The Duality of Search & Generation
This is more about nature of the universe and information than just humanity. I always had the abstract thought but this blog by Han Xiao (Co-founder, Jina AI) gave me the right words.
Search is Overfitted Generation; Generation is Underfitted Search
At one extreme, search is like an overfitted generator: constrained to what already exists in an index, optimizing for fidelity to known items. At the other extreme, generation is like an underfitted search system: it can improvise and compose new outputs but may drift from grounded truth.
I find this extremely fascinating. Here's a diagram from the blog that explains what I mean. You can swap ??? with either search or generate. Can you even tell the difference below? Which ones are search results and what are generated results? Does it even matter as long as it solves your need?

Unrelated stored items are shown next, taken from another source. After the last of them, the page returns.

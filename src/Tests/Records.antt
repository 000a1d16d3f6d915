-- ===== src/Tests/Records.antt =====
-- The records and stores of the runs: one execution that is created and starts to run.
use sandboxed_workspace_mcp.Execution.Event.{
  is_starting, is_cancellable, event_lifecycle, validate_event,
}
use sandboxed_workspace_mcp.Base.{
  text_in, ℕ, ◌≡◌, refl, Bool, true, false, Option, some, none, Result, ok, err, Text, text, List,
  [], ◌∷◌, arith, subst, ◌≤◌, Text-discrete, Option-Text-discrete, utf8_size, utf8_width, is_zero,
}
use sandboxed_workspace_mcp.Dict.{lookup, insert, erase}
use sandboxed_workspace_mcp.Execution.State.{
  ExecutionState, starting, running, timed_out, ExecutionReason, timeout, ExecutionKind, task,
  ExecutionMode, run, ExecutionState-discrete, Option-ExecutionReason-discrete, is_terminal_state,
  is_cancellation_reason, is_failed_reason, is_crash_reason, is_timeout_reason, public_summary,
  public_execution_error_summary, validate_public_error_summary, event_reason,
  validate_event_state_metadata, allowed, ensure_execution_transition,
}
use sandboxed_workspace_mcp.Execution.Record.{
  ExecutionRecord, validate_record, bounded_text, bounded_option, execution_id_bounded,
  error_summary_bounded, fields_bounded, started_in_order, finished_in_order, times_in_order,
  terminal_fields, exit_is, is_early_crash, state_fields, validate_lifecycle,
}
use sandboxed_workspace_mcp.Store.Events.{
  Outcome, created_event_of, transition_event_of, created_event, transition_event, starts, finishes,
  fill, updated_values, transitioned_record,
}
use sandboxed_workspace_mcp.Store.Memory.{
  Store, init, create, transition, member, get, expect, check_artifacts,
  normalize_artifact_manifest, add_record, forget, forget_terminal, prune, plan_transition,
  write_manifest, write_record, retire, commit_transition,
}
use sandboxed_workspace_mcp.Store.Invariant.{IsValid}
use sandboxed_workspace_mcp.Store.Keeps.{IsLater}
use sandboxed_workspace_mcp.Store.Reach.{
  Reach, here, next, creates, transitions, Reach-IsValid, init-IsValid,
}

abbrev pub fresh_record : Text → ℕ → ExecutionRecord
fresh_record id t = record {
  execution_id = id;
  kind = task;
  name = text "test";
  tool = none;
  mode = run;
  state = starting;
  created_at = t;
  updated_at = t;
  started_at = none;
  finished_at = none;
  exit_code = none;
  reason = none;
  error_summary = none;
  resources = none;
}

abbrev pub first_id : Text
first_id = text "a"

abbrev pub second_id : Text
second_id = text "b"

abbrev pub first_record : ExecutionRecord
first_record = fresh_record first_id 10

abbrev pub second_record : ExecutionRecord
second_record = fresh_record second_id 10

abbrev pub running_record : ExecutionRecord
running_record = record first_record { state = running; updated_at = 12; started_at = some 10 }

abbrev pub ended : Text → ExecutionRecord
ended id = record (fresh_record id 10) {
  state = timed_out;
  updated_at = 20;
  finished_at = some 20;
  reason = some timeout;
}

abbrev pub start_outcome : Outcome
start_outcome = record {
  reason = none;
  exit_code = none;
  resources = none;
  started_at = some 10;
  finished_at = none;
  updated_at = none;
}

abbrev pub timeout_outcome : Outcome
timeout_outcome = record {
  reason = some timeout;
  exit_code = none;
  resources = none;
  started_at = none;
  finished_at = none;
  updated_at = none;
}

abbrev pub empty_run : Store
empty_run = record {
  max_retained_terminal_executions = 1;
  records = [];
  events = [];
  artifact_manifests = [];
  artifact_manifest_complete = [];
  terminal_order = [];
}

abbrev pub one_run : Store
one_run = (create first_record empty_run).1

abbrev pub two_run : Store
two_run = (create second_record one_run).1

abbrev pub running_run : Store
running_run = (transition first_id (starting ∷ []) running start_outcome none 12 two_run).1

pub first_valid : validate_record first_record ≡ ok first_record
unfolding validate_record sandboxed_workspace_mcp.Execution.Record.fields_bounded
    sandboxed_workspace_mcp.Base.utf8_size sandboxed_workspace_mcp.Base.utf8_width
    sandboxed_workspace_mcp.Execution.Record.validate_lifecycle
    sandboxed_workspace_mcp.Execution.Record.times_in_order
    sandboxed_workspace_mcp.Execution.Record.terminal_fields
    sandboxed_workspace_mcp.Execution.Record.state_fields
    sandboxed_workspace_mcp.Execution.State.validate_public_error_summary
first_valid = refl

pub second_valid : validate_record second_record ≡ ok second_record
unfolding validate_record sandboxed_workspace_mcp.Execution.Record.fields_bounded
    sandboxed_workspace_mcp.Base.utf8_size sandboxed_workspace_mcp.Base.utf8_width
    sandboxed_workspace_mcp.Execution.Record.validate_lifecycle
    sandboxed_workspace_mcp.Execution.Record.times_in_order
    sandboxed_workspace_mcp.Execution.Record.terminal_fields
    sandboxed_workspace_mcp.Execution.Record.state_fields
    sandboxed_workspace_mcp.Execution.State.validate_public_error_summary
second_valid = refl

pub init_empty : init 1 ≡ ok empty_run
unfolding init
init_empty = refl

pub two_reached : Reach empty_run two_run
two_reached =
    next (next here (creates first_record first_valid refl))
      (creates second_record second_valid refl)

pub two_holds : lookup first_id two_run.records ≡ some first_record
unfolding lookup create sandboxed_workspace_mcp.Store.Events.created_event
    sandboxed_workspace_mcp.Execution.Event.validate_event
    sandboxed_workspace_mcp.Execution.Record.execution_id_bounded
    sandboxed_workspace_mcp.Store.Events.created_event_of sandboxed_workspace_mcp.Base.utf8_size
    sandboxed_workspace_mcp.Base.utf8_width
    sandboxed_workspace_mcp.Execution.Record.error_summary_bounded
    sandboxed_workspace_mcp.Execution.Event.event_lifecycle
    sandboxed_workspace_mcp.Store.Memory.add_record sandboxed_workspace_mcp.Dict.insert
    sandboxed_workspace_mcp.Base.Text-discrete
two_holds = refl

pub two_holds_second : lookup second_id two_run.records ≡ some second_record
unfolding lookup create sandboxed_workspace_mcp.Store.Events.created_event
    sandboxed_workspace_mcp.Execution.Event.validate_event
    sandboxed_workspace_mcp.Execution.Record.execution_id_bounded
    sandboxed_workspace_mcp.Store.Events.created_event_of sandboxed_workspace_mcp.Base.utf8_size
    sandboxed_workspace_mcp.Base.utf8_width
    sandboxed_workspace_mcp.Execution.Record.error_summary_bounded
    sandboxed_workspace_mcp.Execution.Event.event_lifecycle
    sandboxed_workspace_mcp.Store.Memory.add_record sandboxed_workspace_mcp.Dict.insert
    sandboxed_workspace_mcp.Base.Text-discrete
two_holds_second = refl

two-IsLater : IsLater first_id two_run 12
two-IsLater r e =
    let same : first_record ≡ r = cc (two_holds, e) in
    subst (λ (x : ExecutionRecord). x.updated_at ≤ 12) same (omega arith)

pub running_reached : Reach empty_run running_run
running_reached =
    next two_reached
      (transitions first_id (starting ∷ []) running start_outcome none 12 two-IsLater)

pub running_holds : lookup first_id running_run.records ≡ some running_record
unfolding ExecutionState-discrete Option-ExecutionReason-discrete is_terminal_state
    is_cancellation_reason is_failed_reason is_crash_reason is_timeout_reason public_summary
    public_execution_error_summary validate_public_error_summary event_reason
    validate_event_state_metadata allowed ensure_execution_transition bounded_text bounded_option
    execution_id_bounded error_summary_bounded fields_bounded started_in_order finished_in_order
    times_in_order terminal_fields exit_is is_early_crash state_fields validate_lifecycle
    validate_record is_starting is_cancellable event_lifecycle validate_event created_event_of
    transition_event_of created_event transition_event starts finishes fill updated_values
    transitioned_record member get expect text_in check_artifacts normalize_artifact_manifest
    add_record create forget forget_terminal prune plan_transition write_manifest write_record
    retire commit_transition transition lookup insert erase Text-discrete Option-Text-discrete
    utf8_size utf8_width is_zero
running_holds = refl

pub empty-IsValid : IsValid empty_run
empty-IsValid = init-IsValid 1 init_empty

pub two-IsValid : IsValid two_run
two-IsValid = Reach-IsValid (init-IsValid 1 init_empty) two_reached

pub running-IsValid : IsValid running_run
running-IsValid = Reach-IsValid (init-IsValid 1 init_empty) running_reached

You can also try out lexica.art which brings this example to life!
Future of search
Search has three things to trade off: speed, quality, and cost. Quality is the hardest to measure, but it's the one that matters most. High-speed, low-cost search that returns the wrong thing just wastes the user's time more efficiently. Yet many companies optimize for cheap and deliver poor experiences as a result.
But one thing is shifting: latency tolerance. Users are increasingly willing to wait a few seconds longer for results that are actually right. That tolerance is quietly unlocking a different design space.
Here are the directions I think will define the next era of search quality:
Agentic search: Iteratively decomposing queries into sub-searches, evaluating intermediate results, and deciding what to search next based on findings. The real unlock is the number of iterations: it makes quality, cost, and latency tunable tradeoffs on a query level. This is already happening with Perplexity, Cursor, Exa, Parallel, etc and will go beyond web/code search.
Personalization at depth: Search that knows your history, mental model, and current context will outperform search that treats every query as cold-start. AI agents like Claude and OpenAI now have memory which allows them to perform better search. The gap between "search for anyone" and "search for you" is enormous.
Better representations: We went from sparse BM25 to dense embeddings to late interaction. ColBERT-style models compare query and document at the token level, making it essentially an attention mechanism applied during retrieval. Multi-vector models now allocate vectors based on information density rather than token count.
Unified search and generation: Retrieval systems and generative models are both storing knowledge, just at different compression levels. RAG and agentic search are already blurring this boundary, and with continual learning, the system itself will decide where a piece of knowledge lives on this spectrum and how to surface it.
Closing
Every search query is a hope that the right information exists and can be found. Better search doesn't just save time. It shapes how you think, what you choose, and what you dare to imagine.
Few problems have such impact. And that's why I'm obsessed with search!